The difference between unzip.py and the output shell command in 0-phasing/blasr #87

Closed jiabeiphy closed 7 years ago

jiabeiphy commented 7 years ago

Hi, when I have a question when I use the falcon_unzip-0.4.0.

There are some differences in falcon_unzip.unzip.task_runblasr and the correspond output shell command of aln{ctg_id}.sh.

The line 79# in falcon_unzip.unzip.task_run_blasr, I saw: script = """\ set -vex trap 'touch {job_done}.exit' EXIT cd {wd} hostname date cd {wd} time {blasr} {read_fasta} {ref_fasta} --noSplitSubreads --clipping subread\ --hitPolicy randombest --randomSeed 42 --bestn 1 --minPctIdentity 70.0\ --minMatch 12 --nproc 24 --bam --out tmp_aln.bam

{samtools} view -bS tmp_aln.sam | {samtools} sort - {ctg_id}_sorted

{samtools} sort tmp_aln.bam -o {ctg_id}_sorted.bam {samtools} index {ctg_id}_sorted.bam rm tmp_aln.bam date touch {job_done} """.format(**locals())

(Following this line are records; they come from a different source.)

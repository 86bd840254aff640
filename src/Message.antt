-- ===== src/Message.antt =====
-- Include/Message.hpp and Source/Message.cpp: the message type, its wire format and its factories.
-- The proofs are in the modules below.
mod Words
mod Wire
mod Payloads
pub mod Canonical
pub mod RoundTrip
pub mod Bounds
pub mod PeerLists
mod Tests
unfoldable pub use Words.*
unfoldable pub use Wire.*
unfoldable pub use Payloads.*
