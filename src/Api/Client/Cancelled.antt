-- ===== src/Api/Client/Cancelled.antt =====
-- The client while a clock runs, and once no request is answered, as its context is cancelled.
use Prim.Native.String.{◌++◌}
use goppstats.Prelude.{
  ℕ, zero, suc, ◌≤◌, ◌<◌, String, ◌≡◌, refl, Option, none, some, Bool, true, false, arith,
  string_eq, nat_eq, inl, inr, Bool-cases,
}
use goppstats.Prelude.Result.{Result, ok, err, Error, is_connection_refused, Result-cases}
use goppstats.Api.Client.{session_path, Cluster, Request, Response, Net}
use goppstats.Api.Client.Session.{
  Finish, returned, left, next_retry, rounds, authenticate, end_auth, auth_loop, auth_request,
}
use goppstats.Api.Client.Get.{new_get_request, get_loop, end_get, get_fresh, needs_auth, rest_get}

-- The clock does not go back, and after a deadline every request fails.
pub record IsNetCancelledAt {Float64 W : Type 0} (net : Net Float64 W) (clock : W → ℕ)
    (deadline : ℕ) : Type 0 where
  pub after_send : (req : Request) (w : W) → clock w ≤ clock (net.send req w).1
  pub after_wait : (secs : ℕ) (w : W) → clock w ≤ clock (net.wait secs w).1
  pub no_send :
      (req : Request) (w : W) → deadline < clock w → (e : Error) × ((net.send req w).0 ≡ err e)

-- A retry loop that gives no result.
abbrev fails : {A : Type 0} → Finish A → Bool
fails (returned (ok a)) = false
fails (returned (err e)) = true
fails (left (some e) resp) = true
fails (left none none) = true
fails (left none (some resp)) = false

abbrev pub is_err : {A : Type 0} → Result A → Bool
is_err (ok a) = false
is_err (err e) = true

module _ {Float64 W : Type 0} (net : Net Float64 W) (clock : W → ℕ) (deadline : ℕ)
    (laws : IsNetCancelledAt net clock deadline) where
  auth_loop-clock :
      (c : Cluster) (n secs : ℕ) (url : String) (e : Option Error) (resp : Option Response) (w : W)
      → clock w ≤ clock (auth_loop net c n secs url e resp w).1
  unfolding auth_loop
  auth_loop-clock c zero secs url e resp w = omega arith
  auth_loop-clock c (suc n) secs url e resp w =
      let req = auth_request net c url in
      let w₁ = (net.send req w).1 in
      let sent = laws.after_send req w in
      let waited = laws.after_wait secs w₁ in
      elim (Result-cases (net.check_url url)) [
        | inr (x, q) ↦ ground (arith, q)
        | inl (_, q) ↦ elim (Result-cases (net.send req w).0) [
          | inl (resp', s) ↦ ground (arith, q, s, sent)
          | inr (x, s) ↦ elim (Bool-cases (net.wait secs w₁).0) [
            | inr p ↦ ground (arith, q, s, p, sent, waited)
            | inl p ↦
                let w₂ = (net.wait secs w₁).1 in
                ground (
                  arith,
                  q,
                  s,
                  p,
                  sent,
                  waited,
                  auth_loop-clock c n (next_retry secs) url (some x) none w₂,
                )
          ]
        ]
      ]

  end_auth-clock :
      (c : Cluster) (url : String) (f : Finish Unit × W)
      → clock (end_auth net c url f).2 ≡ clock f.1
  unfolding end_auth
  end_auth-clock c url (returned r, w) = refl
  end_auth-clock c url (left (some e) resp, w) = refl
  end_auth-clock c url (left none none, w) = refl
  end_auth-clock c url (left none (some resp), w) = ground arith

  authenticate-clock : (c : Cluster) (w : W) → clock w ≤ clock (authenticate net c w).2
  unfolding authenticate
  authenticate-clock c w = elim (Result-cases (net.parse_url (c.base_url ++ session_path))) [
    | inr (x, q) ↦ ground (arith, q)
    | inl (url, q) ↦
        let n = rounds c.max_retries in
        let loop = auth_loop net c n 1 url none none w in
        ground (arith, q, end_auth-clock c url loop, auth_loop-clock c n 1 url none none w)
  ]

  get_loop-clock :
      (n secs : ℕ) (url : String) (req : Request) (e : Option Error) (resp : Option Response)
      (c : Cluster) (w : W)
      → clock w ≤ clock (get_loop net n secs url req e resp c w).2
  unfolding get_loop
  get_loop-clock zero secs url req e resp c w = omega arith
  get_loop-clock (suc n) secs url req e resp c w =
      let w₁ = (net.send req w).1 in
      let (a, c', w₂) = authenticate net c w₁ in
      let sent = laws.after_send req w in
      let opened = authenticate-clock c w₁ in
      elim (Result-cases (net.send req w).0) [
        | inl (resp', s) ↦ elim (Result-cases (new_get_request net c' url)) [
          | inl (req', q) ↦
              ground
                (arith, s, q, sent, opened, get_loop-clock n secs url req' none (some resp') c' w₂)
          | inr (x, q) ↦ ground (arith, s, q, sent, opened)
        ]
        | inr (x, s) ↦ ground (
          arith,
          s,
          sent,
          laws.after_wait secs w₁,
          get_loop-clock n (next_retry secs) url req (some x) none c (net.wait secs w₁).1,
        )
      ]

  get_loop-fails :
      (n secs : ℕ) (url : String) (req : Request) (e : Option Error) (c : Cluster) (w : W)
      → deadline < clock w
      → fails (get_loop net n secs url req e none c w).0 ≡ true
  unfolding get_loop
  get_loop-fails zero secs url req none c w b = refl
  get_loop-fails zero secs url req (some e) c w b = refl
  get_loop-fails (suc n) secs url req e c w b =
      let w₁ = (net.send req w).1 in
      let (x, s) = laws.no_send req w b in
      let sent = laws.after_send req w in
      let waited = laws.after_wait secs w₁ in
      let more =
        get_loop-fails n (next_retry secs) url req (some x) c (net.wait secs w₁).1 (omega arith) in
      elim (Bool-cases (is_connection_refused x)) [
        | inr r ↦ ground (arith, s, r)
        | inl r ↦ elim (Bool-cases (net.wait secs w₁).0) [
          | inr p ↦ ground (arith, s, r, p)
          | inl p ↦ ground (arith, s, r, p, more)
        ]
      ]

  end_get-clock : (f : Finish String × Cluster × W) → clock (end_get net f).2 ≡ clock f.2
  unfolding end_get
  end_get-clock (returned r, c, w) = refl
  end_get-clock (left (some e) resp, c, w) = refl
  end_get-clock (left none none, c, w) = refl
  end_get-clock (left none (some resp), c, w) = ground arith

  end_get-fails :
      (f : Finish String × Cluster × W) → fails f.0 ≡ true → is_err (end_get net f).0 ≡ true
  unfolding end_get
  end_get-fails (returned (ok t), c, w) h = let no : ⊥ = ground (arith, h) in elim no [ ]
  end_get-fails (returned (err e), c, w) h = refl
  end_get-fails (left (some e) resp, c, w) h = refl
  end_get-fails (left none none, c, w) h = refl
  end_get-fails (left none (some resp), c, w) h = let no : ⊥ = ground (arith, h) in elim no [ ]

  -- The clock after a request, and its failure after the deadline.
  abbrev pub IsGet : W → Result String × Cluster × W → Type 0
  IsGet w (r, c, w') = (clock w ≤ clock w') × (deadline < clock w → is_err r ≡ true)

  get_fresh-IsGet : (c : Cluster) (endpoint : String) (w : W) → IsGet w (get_fresh net c endpoint w)
  unfolding get_fresh
  get_fresh-IsGet c endpoint w = elim (Result-cases (net.parse_url (c.base_url ++ endpoint))) [
    | inr (x, e) ↦ rw (e, get_fresh) (omega arith, λ b. refl)
    | inl (url, e) ↦ elim (Result-cases (new_get_request net c url)) [
      | inr (x, q) ↦ rw (e, get_fresh) (rw (q, get_fresh) (omega arith, λ b. refl))
      | inl (req, q) ↦
          let n = rounds c.max_retries in
          let loop = get_loop net n 1 url req none none c w in
          let ended = end_get-clock loop in
          let looped = get_loop-clock n 1 url req none none c w in
          rw (e, get_fresh)
            (rw (q, get_fresh)
              (omega arith, λ b. end_get-fails loop (get_loop-fails n 1 url req none c w b)))
    ]
  ]

  pub rest_get-IsGet :
      (c : Cluster) (endpoint : String) (w : W) → IsGet w (rest_get net c endpoint w)
  unfolding rest_get
  rest_get-IsGet c endpoint w =
      let (a, c', w₁) = authenticate net c w in
      let opened = authenticate-clock c w in
      elim (Bool-cases (needs_auth net c w)) [
        | inr s ↦ rw (s, rest_get) (get_fresh-IsGet c endpoint w)
        | inl s ↦ elim (Result-cases a) [
          | inr (x, q) ↦ rw (s, rest_get) (rw (q, rest_get) (opened, λ b. refl))
          | inl (_, q) ↦
              let (more, failed) = get_fresh-IsGet c' endpoint w₁ in
              rw (s, rest_get) (rw (q, rest_get) (omega arith, λ b. failed (omega arith)))
        ]
      ]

but in the aln_{ctg_id}.sh, I don't find the corresponding command, which was show: time blasr 000188F_reads.fa 000188F_ref.fa -noSplitSubreads -clipping subread -hitPolicy randombest -randomSeed 42 -bestn 1 -minPctIdentity 70.0 -minMatch 12 -nproc 24 -sam -out tmp_aln.sam

Could you tell me the reason? Thank you.

pb-cdunn commented 7 years ago

I'm pretty sure you are not looking at the code that generated your .sh file. If you are running with recent pypeFLOW, you can repeat the do_task.py call via task.sh (which reads task.json). From there, you can step into the code which actually generates the shell script and debug. Please re-open if you learn of a bug.